# Do you use a steel leader?



## Thommes (Jun 6, 2005)

I started using a steel leader last weekend as suggested in a couple books I've been reading on catfishing. Someone suggested that steel leaders were not needed and could actually harm the fish. Just wondering what the general attitude was toward steel leaders, hence the poll


----------



## jfout (Apr 26, 2004)

Mainly just use 30#+ line for a leader, have seen people use 120# rated braided nylon twine also for leaders, this way you don't have to worry about line abrasion. I would highly suggest not using steel leaders just cause there not necessary.


----------



## catking (Apr 5, 2004)

Never.............. THE CATKING


----------



## truck (Apr 12, 2004)

I never do either.


----------



## catfish_hunter (May 31, 2005)

I just use 20 or 30lb test line...thats it fer me..


----------



## H2O Mellon (Apr 5, 2004)

ditto......


----------



## catfishhunter33 (Apr 6, 2004)

hhjhjhjhjhjjjjjjjjjjjjjjjjjjjjjj
:G


----------



## mrfishohio (Apr 5, 2004)

I was making my own, with a barrel swivel, about 10-12" long and an 8/0 circle hook. I'm fishing from a boat in the Ohio River. The leader material is nylon coated too. It's just easier and quicker for me to crimp up a bunch vs. all the knot tying. I also use mono leaders too.


----------



## flathunter (Apr 5, 2004)

I see no need in it.


----------



## BottomBouncer (Jan 20, 2005)

Hey Mrfish, can't you use heavier mono with crimps? I thought I have seen that somewhere?

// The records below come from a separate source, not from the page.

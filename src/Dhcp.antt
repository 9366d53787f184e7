-- ===== src/Dhcp.antt =====
-- internal/provider/dhcp/proxy.go: the DHCP proxy that points netbooting machines at the provider.
pub mod Packet
pub mod Interface
pub mod Listen
pub mod Offer
pub mod Handle
mod Tests
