-- ===== src/Dhcp/Packet.antt =====
-- internal/provider/dhcp/proxy.go: which packets are answered, and for which kind of firmware.
pub mod Laws
use omni_infra_provider_bare.Base.{
  Bool, Bytes, List, Option, String, [], any, false, has_prefix, if◌then◌else◌, length, none, some,
  str_eq, true, ℕ, ◌&&◌, ◌==◌, ◌∷◌,
}

-- The message types that the code names.
pub data MessageType : Type 0 where
  discover request offer ack other_type : MessageType

-- The client architectures of package iana that the code names.
pub data Arch : Type 0 where
  intel_x86pc efi_ia32 efi_x86_64 efi_bc efi_arm64 uboot_arm64 : Arch
  efi_x86_http efi_x86_64_http efi_arm64_http uboot_arm64_http : Arch
  other_arch : ℕ → Arch

-- What the code reads of a DHCP packet.
pub record Packet : Type 0 where
  pub message_type : MessageType
  -- option 93 is there
  pub has_client_arch : Bool
  pub client_arch : List Arch
  pub hw_addr : Bytes
  pub user_class : List String
  -- option 97, empty if it is not there
  pub machine_identifier : Bytes
  -- option 60
  pub class_identifier : Option String

-- type Firmware
pub data Firmware : Type 0 where
  unsupported x86_pc x86_efi arm_efi x86_ipxe x86_http arm_http rpi : Firmware

-- const Port4011
abbrev pub port_4011 : ℕ
port_4011 = 4011

abbrev same_type : MessageType → MessageType → Bool
same_type discover discover = true
same_type request request = true
same_type offer offer = true
same_type ack ack = true
same_type other_type other_type = true
same_type _ _ = false

abbrev pub expected_type : ℕ → MessageType
expected_type port = if port == port_4011 then request else discover

-- isBootDHCP, true for no error
unfoldable pub is_boot_dhcp : Packet → ℕ → Bool
is_boot_dhcp m port = same_type m.message_type (expected_type port) && m.has_client_arch

-- The switch in the loop of validateDHCP; an architecture that it does not name changes nothing.
abbrev pub firmware_of : Arch → Firmware → Firmware
firmware_of intel_x86pc fw = x86_pc
firmware_of efi_ia32 fw = x86_efi
firmware_of efi_x86_64 fw = x86_efi
firmware_of efi_bc fw = x86_efi
firmware_of efi_arm64 fw = arm_efi
firmware_of uboot_arm64 fw = arm_efi
firmware_of efi_x86_http fw = x86_http
firmware_of efi_x86_64_http fw = x86_http
firmware_of efi_arm64_http fw = arm_http
firmware_of uboot_arm64_http fw = arm_http
firmware_of (other_arch n) fw = fw

unfoldable pub scan_arches : List Arch → Firmware → Firmware
scan_arches [] fw = fw
scan_arches (a ∷ rest) fw = scan_arches rest (firmware_of a fw)

-- var raspberryPiOUIs
abbrev pub raspberry_pi_ouis : List Bytes
raspberry_pi_ouis =
    (0xb8 ∷ 0x27 ∷ 0xeb ∷ [])
    ∷ (0xdc ∷ 0xa6 ∷ 0x32 ∷ [])
    ∷ (0xe4 ∷ 0x5f ∷ 0x01 ∷ [])
    ∷ (0xd8 ∷ 0x3a ∷ 0xdd ∷ [])
    ∷ (0x28 ∷ 0xcd ∷ 0xc1 ∷ [])
    ∷ (0x2c ∷ 0xcf ∷ 0x67 ∷ [])
    ∷ []

-- The first three bytes are one of the prefixes; an address of fewer bytes has none of them.
unfoldable pub is_raspberry_pi : Bytes → Bool
is_raspberry_pi hw = any (λ oui. has_prefix oui hw) raspberry_pi_ouis

abbrev pub is_x86_pc : Firmware → Bool
is_x86_pc x86_pc = true
is_x86_pc _ = false

abbrev pub is_unsupported : Firmware → Bool
is_unsupported unsupported = true
is_unsupported _ = false

abbrev pub starts_ipxe : List String → Bool
starts_ipxe [] = false
starts_ipxe (c ∷ _) = str_eq c "iPXE"

abbrev first_is_zero : Bytes → Bool
first_is_zero [] = false
first_is_zero (b ∷ _) = b == 0

-- The switch on the length of the client's GUID.
unfoldable pub guid_ok : Bytes → Bool
guid_ok guid =
    if length guid == 0 then true else if length guid == 17 then first_is_zero guid else false

-- The changes of the firmware type after the loop: for a board, and for a client with iPXE in its ROM.
abbrev pub detect_rpi : Packet → Firmware → Firmware
detect_rpi m fw = if is_x86_pc fw && is_raspberry_pi m.hw_addr then rpi else fw

abbrev pub detect_ipxe : Packet → Firmware → Firmware
detect_ipxe m fw = if starts_ipxe m.user_class && is_x86_pc fw then x86_ipxe else fw

unfoldable pub validate_dhcp : Packet → Option Firmware
validate_dhcp m =
    let fw = scan_arches m.client_arch unsupported in
    if is_unsupported fw
    then none
    else if guid_ok m.machine_identifier
    then some (detect_ipxe m (detect_rpi m fw))
    else none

Only time I have used steel is in FLA........I have only caught two toothly critters in freshwater(one pike and one musky) both on small lures(#5 glass shad rap and a roostertail. Landed both without steel. The musky was hooked in the top lip with the shad rap, makes me think he chased it down and the pike was hooked in the side, so I think he ambushed it. I think a side attack would be more likely to cut the line and it didn't.......I don't see any reason, other than convenience like Mrfish is saying, to use steel for cats.


----------



## Fishman (Apr 5, 2004)

lol thats a big negatory over here


----------



## mrfishohio (Apr 5, 2004)

I might also add I would _never_ use nor recommend a store bought steel leader, a good fish is going to break the snap. I think it's 30# or 40# nylon covered leader I use. It's quick to make & I keep them short too. Also I don't have to worry about the knots becoming worn from rubbing rocks in the current.


----------



## Thommes (Jun 6, 2005)

Now y'all tell me. 

Makes me wonder about the rest of the material in the books.


----------



## Thommes (Jun 6, 2005)

mrfishohio said:


> I think it's 30# or 40# nylon covered leader I use. It's quick to make & I keep them short too.

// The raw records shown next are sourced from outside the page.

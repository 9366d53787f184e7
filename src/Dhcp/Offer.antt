-- ===== src/Dhcp/Offer.antt =====
-- internal/provider/dhcp/proxy.go: the response to a netbooting machine.
pub mod Laws
use omni_infra_provider_bare.Base.{
  Bytes, List, Option, String, [], codes, if◌then◌else◌, length, none, some, ℕ, ◌%◌, ◌<>◌, ◌==◌,
  ◌∷◌,
}
use omni_infra_provider_bare.Dhcp.Packet.{
  Firmware, MessageType, Packet, ack, arm_efi, arm_http, offer, port_4011, rpi, unsupported,
  x86_efi, x86_http, x86_ipxe, x86_pc,
}

-- The address of the provider, net.ParseIP of the advertised one: its text, and its four bytes if it is
-- an IPv4 address; the address with its port, net.JoinHostPort.
pub record ServerIp : Type 0 where
  pub text : String
  pub to4 : Option Bytes
  pub host_port : String

-- The sub-options of the vendor specific information, each a code and its bytes. Their marshaling is
-- the DHCP library's; the code ends them with the byte 255.
pub record VendorInformation : Type 0 where
  pub sub_options : List (ℕ × Bytes)
  pub end : Bytes

-- What the response carries besides what the library copies of the request, as option 97.
pub record Response : Type 0 where
  pub message_type : MessageType
  -- options 54, 60, 66, 67 and 43, and the `file` field of the header
  pub server_identifier : Option Bytes
  pub class_identifier : String
  pub tftp_server_name : Option String
  pub boot_file_option : Option String
  pub vendor_specific : Option VendorInformation
  pub boot_file_name : String
  -- the `siaddr` field of the header, before its marshaling
  pub server_address : String

abbrev pub reply_type : ℕ → MessageType
reply_type port = if port == port_4011 then ack else offer

abbrev class_or_default : Option String → String
class_or_default none = "PXEClient"
class_or_default (some c) = c

-- The response before the switch on the firmware.
abbrev pub base_response : Packet → ServerIp → ℕ → Response
base_response m ip port = record {
  message_type = reply_type port;
  server_identifier = ip.to4;
  class_identifier = class_or_default m.class_identifier;
  tftp_server_name = none;
  boot_file_option = none;
  vendor_specific = none;
  boot_file_name = "";
  server_address = ip.text;
}

-- const pxeEnd, and the other codes of the sub-options
abbrev pub pxe_end : ℕ
pxe_end = 255

abbrev pub pxe_discovery_control : ℕ
pxe_discovery_control = 6

abbrev pub pxe_boot_servers : ℕ
pxe_boot_servers = 8

abbrev pub pxe_boot_menu : ℕ
pxe_boot_menu = 9

abbrev pub pxe_menu_prompt : ℕ
pxe_menu_prompt = 10

-- bootFileDirectlyPXEOptions
unfoldable pub boot_file_directly : VendorInformation
boot_file_directly = record {
  sub_options = (pxe_discovery_control, 0x08 ∷ []) ∷ [];
  end = pxe_end ∷ [];
}

-- const raspberryPiBootMenuDescription
abbrev pub description : Bytes
description = codes "Raspberry Pi Boot"

-- `byte(len(description))`
abbrev byte : ℕ → ℕ
byte n = n % 256

-- raspberryPiBootPXEOptions, `none` for its error
unfoldable pub raspberry_pi_options : ServerIp → Option VendorInformation
raspberry_pi_options ip = elim ip.to4 [
  | none ↦ none
  | some ipv4 ↦ some (record {
    sub_options =
        (pxe_discovery_control, 0x03 ∷ [])
        ∷ (pxe_boot_servers, 0x00 ∷ 0x00 ∷ 0x01 ∷ ipv4)
        ∷ (pxe_boot_menu, 0x00 ∷ 0x00 ∷ byte (length description) ∷ description)
        ∷ (pxe_menu_prompt, 0x00 ∷ description)
        ∷ [];
    end = pxe_end ∷ [];
  })
]

-- The standard PXE cases: a file over TFTP.
abbrev pub tftp_boot : ServerIp → String → Response → Response
tftp_boot ip file r = record r {
  tftp_server_name = some ip.text;
  boot_file_name = file;
  boot_file_option = some file;
  vendor_specific = some boot_file_directly;
}

abbrev pub url_host : ServerIp → String
url_host ip = elim ip.to4 [ none ↦ "[" <> ip.text <> "]" | some _ ↦ ip.text ]

abbrev pub boot_url : String → Response → Response
boot_url url r = record r { boot_file_option = some url }

-- OfferDHCP; `none` is an error, and building the base of the response is taken to succeed.
unfoldable pub offer_dhcp : Packet → ServerIp → Firmware → ℕ → Option Response
unfolding boot_file_directly raspberry_pi_options
offer_dhcp m ip x86_pc port = some (tftp_boot ip "undionly.kpxe" (base_response m ip port))
offer_dhcp m ip x86_ipxe port =
    some (boot_url ("tftp://" <> url_host ip <> "/undionly.kpxe") (base_response m ip port))
offer_dhcp m ip x86_efi port = some (tftp_boot ip "snp.efi" (base_response m ip port))
offer_dhcp m ip arm_efi port = some (tftp_boot ip "snp-arm64.efi" (base_response m ip port))
offer_dhcp m ip x86_http port =
    some (boot_url ("http://" <> ip.host_port <> "/tftp/amd64/snp.efi") (base_response m ip port))
offer_dhcp m ip arm_http port =
    some (boot_url ("http://" <> ip.host_port <> "/tftp/arm64/snp.efi") (base_response m ip port))
offer_dhcp m ip rpi port = elim (raspberry_pi_options ip) [
  | none ↦ none
  | some options ↦
      let r = base_response m ip port in
      some (record r { tftp_server_name = some ip.text; vendor_specific = some options })
]
offer_dhcp m ip unsupported port = none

I thought about making some leaders out of heavier line, but went with what the book was saying. Can you buy some sort of crimps with a crimping tool or how do you actually make your leaders?


----------



## shuvlhed1 (Apr 13, 2004)

I usually run 30# BPS Excel main and 25# Stren heavy cover line for leader (this is the only stren line I will use, and only for leaders). I used to run heavier leader than mainline, but all that gaurantees is that when you snag up you will lose your entire rig. Also, on drop weights I use mostly 12# line, it breaks easily when it has too, but still strong enough to pull my sinkers out of "light" snags


----------



## mrfishohio (Apr 5, 2004)

Yes, they have crimp sleeves, you just crimp them with your 8" needlenose pliers that have the crimping place in them (all of BPS Pliers...get them in stainless steel) Be sure to double check and get a real good crimp, or it will pull loose. I had that happen on a snag a few times, then I slowed down and became more meticulous.


----------



## Thommes (Jun 6, 2005)

I found the sleeves at Gander Mountain. Not sure what size I'd need though so I'll buy a couple different sizes. I think I'll get there today and buy em. Might head out to shaunasee later


----------



## Thommes (Jun 6, 2005)

Thanks everyone for the advice.


----------



## Cat Mazter (May 20, 2005)

jfout said:


> I would highly suggest not using steel leaders just cause there not necessary.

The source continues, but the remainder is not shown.